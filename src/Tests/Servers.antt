-- ===== src/Tests/Servers.antt =====
-- A server that enrolls a node.
use hambo.Base.{differ, String, refl, Option, none, dec_string, arith}
use hambo.Base.Int.{ℤ}
use hambo.Store.Memory.{find}
use hambo.Store.Collection.{get_tx}
use hambo.Scheduler.Effect.{HasNames}
use hambo.Server.{creates_container, joins, Reach, here, next}
use hambo.Server.Named.{AreNamed, Reach-HasNames}
use hambo.Tests.Joins.{issue, answered, joined_db, joined_db-reached, request}
use hambo.Model.Names.{HasUniqueNames}
use hambo.Server.Unique.{Reach-HasUniqueNames}
use hambo.Tests.Requests.{new, created_db, created_db-reached}
use hambo.Tests.Fixtures.{collections, collections-AreLawful, busy_db}

abbrev no_duration : String → Option ℤ
no_duration s = none

abbrev hash : String → String
hash s = s

busy_db-AreNamed : AreNamed collections busy_db
unfolding get_tx find
busy_db-AreNamed k n h = elim (dec_string "a" k) [
  | yes same ↦ ground (arith, differ "a" "" (unfold dec_string in refl))
  | no other_id ↦ elim (dec_string "b" k) [
    | yes same ↦ ground (arith, differ "b" "" (unfold dec_string in refl))
    | no another ↦ absurd (ground arith)
  ]
]

one_step : Reach collections issue no_duration hash busy_db joined_db
one_step = next here (
    joins 110 "n" "h" "r" request answered (differ "n" "" (unfold dec_string in refl))
      joined_db-reached)

Reach-HasNames_example : AreNamed collections joined_db × HasNames collections joined_db
Reach-HasNames_example =
    Reach-HasNames collections collections-AreLawful issue no_duration hash busy_db-AreNamed
      one_step

busy_db-HasUniqueNames : HasUniqueNames collections busy_db.containers
unfolding get_tx find
busy_db-HasUniqueNames j k a b ga gb same =
    ground (arith, differ "c1" "c2" (unfold dec_string in refl))

creation : Reach collections issue no_duration hash busy_db created_db
creation = next here (creates_container new created_db-reached)

Reach-HasUniqueNames_example : HasUniqueNames collections created_db.containers
Reach-HasUniqueNames_example =
    Reach-HasUniqueNames collections collections-AreLawful issue no_duration hash
      busy_db-HasUniqueNames creation
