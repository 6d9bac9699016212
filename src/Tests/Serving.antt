-- ===== src/Tests/Serving.antt =====
-- Runs of cmd/hambo-server/serve.go.
use hambo.Base.{ℕ, true, List, [], ◌∷◌, some, ok, err, Error, failure, ◌≡◌, refl}
use hambo.Command.Serve.{ServeCalls, run}
use hambo.Command.Serve.Running.{
  server_closed, serve_sent, serve_received, failed, cancelling, schedule_sent, schedule_received,
  shutting_down, receiving, stopping, waiting, returned, Process, begun, scheduler_fails,
  scheduler_cancels, scheduler_sends, Steps, start, outside,
}
use hambo.Command.Serve.Running.Finishes.{OwnRun, here, by_own, Steps-finishes}

-- All is opened, and the listener's address is in use.
abbrev calls : ServeCalls ℕ ℕ ℕ ℕ
calls = record {
  ca = ok 0;
  makes_dir = ok tt;
  db = ok 1;
  close_db = failure "close db" ∷ [];
  sqlite = record {
    opens_write = true;
    pings_write = true;
    opens_read = true;
    pings_read = true;
    creates_tables = true;
  };
  nodes = ok 2;
  containers = ok 3;
  handler = λ ca db nodes containers. ok 4;
  listens = err (failure "listen");
  served = λ handler. [];
}

stops_at_listen : (run calls).1 ≡ failure "listen" ∷ failure "close db" ∷ []
unfolding run
stops_at_listen = refl

cause : Error
cause = failure "load containers"

-- The scheduler fails at its start, and cancels the context.
abbrev broken : Process
broken = record begun { scheduler = failed cause }

broken-steps : Steps 1 broken
broken-steps = outside start (scheduler_fails begun cause refl)

abbrev cancelled : Process
cancelled = record broken { scheduler = cancelling cause; cancelled = true }

abbrev sent : Process
sent = record cancelled { scheduler = schedule_sent (some cause) }

Steps-finishes_example :
    (t : Process) × (errors : List Error) × OwnRun sent t × (t.main ≡ returned errors)
Steps-finishes_example = Steps-finishes broken sent broken-steps refl (
    by_own (by_own here (scheduler_cancels broken cause refl))
      (scheduler_sends cancelled cause refl))

abbrev closing : Process
closing = record sent { main = shutting_down; closed = true }

abbrev closed : Process
closed = record closing { serve = serve_sent server_closed }

abbrev shut : Process
shut = record closed { main = receiving [] }

abbrev served : Process
served = record shut { main = stopping []; serve = serve_received server_closed }

abbrev stopped : Process
stopped = record served { main = waiting []; shut = true }

abbrev over : Process
over = record stopped { main = returned (cause ∷ []); scheduler = schedule_received (some cause) }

- - -

**PROBLEM STATEMENT:**
Line by line, return the whole listing without a single difference.

**OUTPUT:**
filename src/Tests/Servers.antt
-- ===== src/Tests/Servers.antt =====
-- A server that enrolls a node.
use hambo.Base.{differ, String, refl, Option, none, dec_string, arith}
use hambo.Base.Int.{ℤ}
use hambo.Store.Memory.{find}
use hambo.Store.Collection.{get_tx}
use hambo.Scheduler.Effect.{HasNames}
use hambo.Server.{creates_container, joins, Reach, here, next}
use hambo.Server.Named.{AreNamed, Reach-HasNames}
use hambo.Tests.Joins.{issue, answered, joined_db, joined_db-reached, request}
use hambo.Model.Names.{HasUniqueNames}
use hambo.Server.Unique.{Reach-HasUniqueNames}
use hambo.Tests.Requests.{new, created_db, created_db-reached}
use hambo.Tests.Fixtures.{collections, collections-AreLawful, busy_db}

abbrev no_duration : String → Option ℤ
no_duration s = none

abbrev hash : String → String
hash s = s

busy_db-AreNamed : AreNamed collections busy_db
unfolding get_tx find
busy_db-AreNamed k n h = elim (dec_string "a" k) [
  | yes same ↦ ground (arith, differ "a" "" (unfold dec_string in refl))
  | no other_id ↦ elim (dec_string "b" k) [
    | yes same ↦ ground (arith, differ "b" "" (unfold dec_string in refl))
    | no another ↦ absurd (ground arith)
  ]
]

one_step : Reach collections issue no_duration hash busy_db joined_db
one_step = next here (
    joins 110 "n" "h" "r" request answered (differ "n" "" (unfold dec_string in refl))
      joined_db-reached)

Reach-HasNames_example : AreNamed collections joined_db × HasNames collections joined_db
Reach-HasNames_example =
    Reach-HasNames collections collections-AreLawful issue no_duration hash busy_db-AreNamed
      one_step

busy_db-HasUniqueNames : HasUniqueNames collections busy_db.containers
unfolding get_tx find
busy_db-HasUniqueNames j k a b ga gb same =
    ground (arith, differ "c1" "c2" (unfold dec_string in refl))

creation : Reach collections issue no_duration hash busy_db created_db
creation = next here (creates_container new created_db-reached)

Reach-HasUniqueNames_example : HasUniqueNames collections created_db.containers
Reach-HasUniqueNames_example =
    Reach-HasUniqueNames collections collections-AreLawful issue no_duration hash
      busy_db-HasUniqueNames creation
repository 6d9bac9699016212
filename src/Tests/Serving.antt
-- ===== src/Tests/Serving.antt =====
-- Runs of cmd/hambo-server/serve.go.
use hambo.Base.{ℕ, true, List, [], ◌∷◌, some, ok, err, Error, failure, ◌≡◌, refl}
use hambo.Command.Serve.{ServeCalls, run}
use hambo.Command.Serve.Running.{
  server_closed, serve_sent, serve_received, failed, cancelling, schedule_sent, schedule_received,
  shutting_down, receiving, stopping, waiting, returned, Process, begun, scheduler_fails,
  scheduler_cancels, scheduler_sends, Steps, start, outside,
}
use hambo.Command.Serve.Running.Finishes.{OwnRun, here, by_own, Steps-finishes}

-- All is opened, and the listener's address is in use.
abbrev calls : ServeCalls ℕ ℕ ℕ ℕ
calls = record {
  ca = ok 0;
  makes_dir = ok tt;
  db = ok 1;
  close_db = failure "close db" ∷ [];
  sqlite = record {
    opens_write = true;
    pings_write = true;
    opens_read = true;
    pings_read = true;
    creates_tables = true;
  };
  nodes = ok 2;
  containers = ok 3;
  handler = λ ca db nodes containers. ok 4;
  listens = err (failure "listen");
  served = λ handler. [];
}

stops_at_listen : (run calls).1 ≡ failure "listen" ∷ failure "close db" ∷ []
unfolding run
stops_at_listen = refl

cause : Error
cause = failure "load containers"

-- The scheduler fails at its start, and cancels the context.
abbrev broken : Process
broken = record begun { scheduler = failed cause }

broken-steps : Steps 1 broken
broken-steps = outside start (scheduler_fails begun cause refl)

abbrev cancelled : Process
cancelled = record broken { scheduler = cancelling cause; cancelled = true }

abbrev sent : Process
sent = record cancelled { scheduler = schedule_sent (some cause) }

Steps-finishes_example :
    (t : Process) × (errors : List Error) × OwnRun sent t × (t.main ≡ returned errors)
Steps-finishes_example = Steps-finishes broken sent broken-steps refl (
    by_own (by_own here (scheduler_cancels broken cause refl))
      (scheduler_sends cancelled cause refl))

abbrev closing : Process
closing = record sent { main = shutting_down; closed = true }

abbrev closed : Process
closed = record closing { serve = serve_sent server_closed }

abbrev shut : Process
shut = record closed { main = receiving [] }

abbrev served : Process
served = record shut { main = stopping []; serve = serve_received server_closed }

abbrev stopped : Process
stopped = record served { main = waiting []; shut = true }

abbrev over : Process
over = record stopped { main = returned (cause ∷ []); scheduler = schedule_received (some cause) }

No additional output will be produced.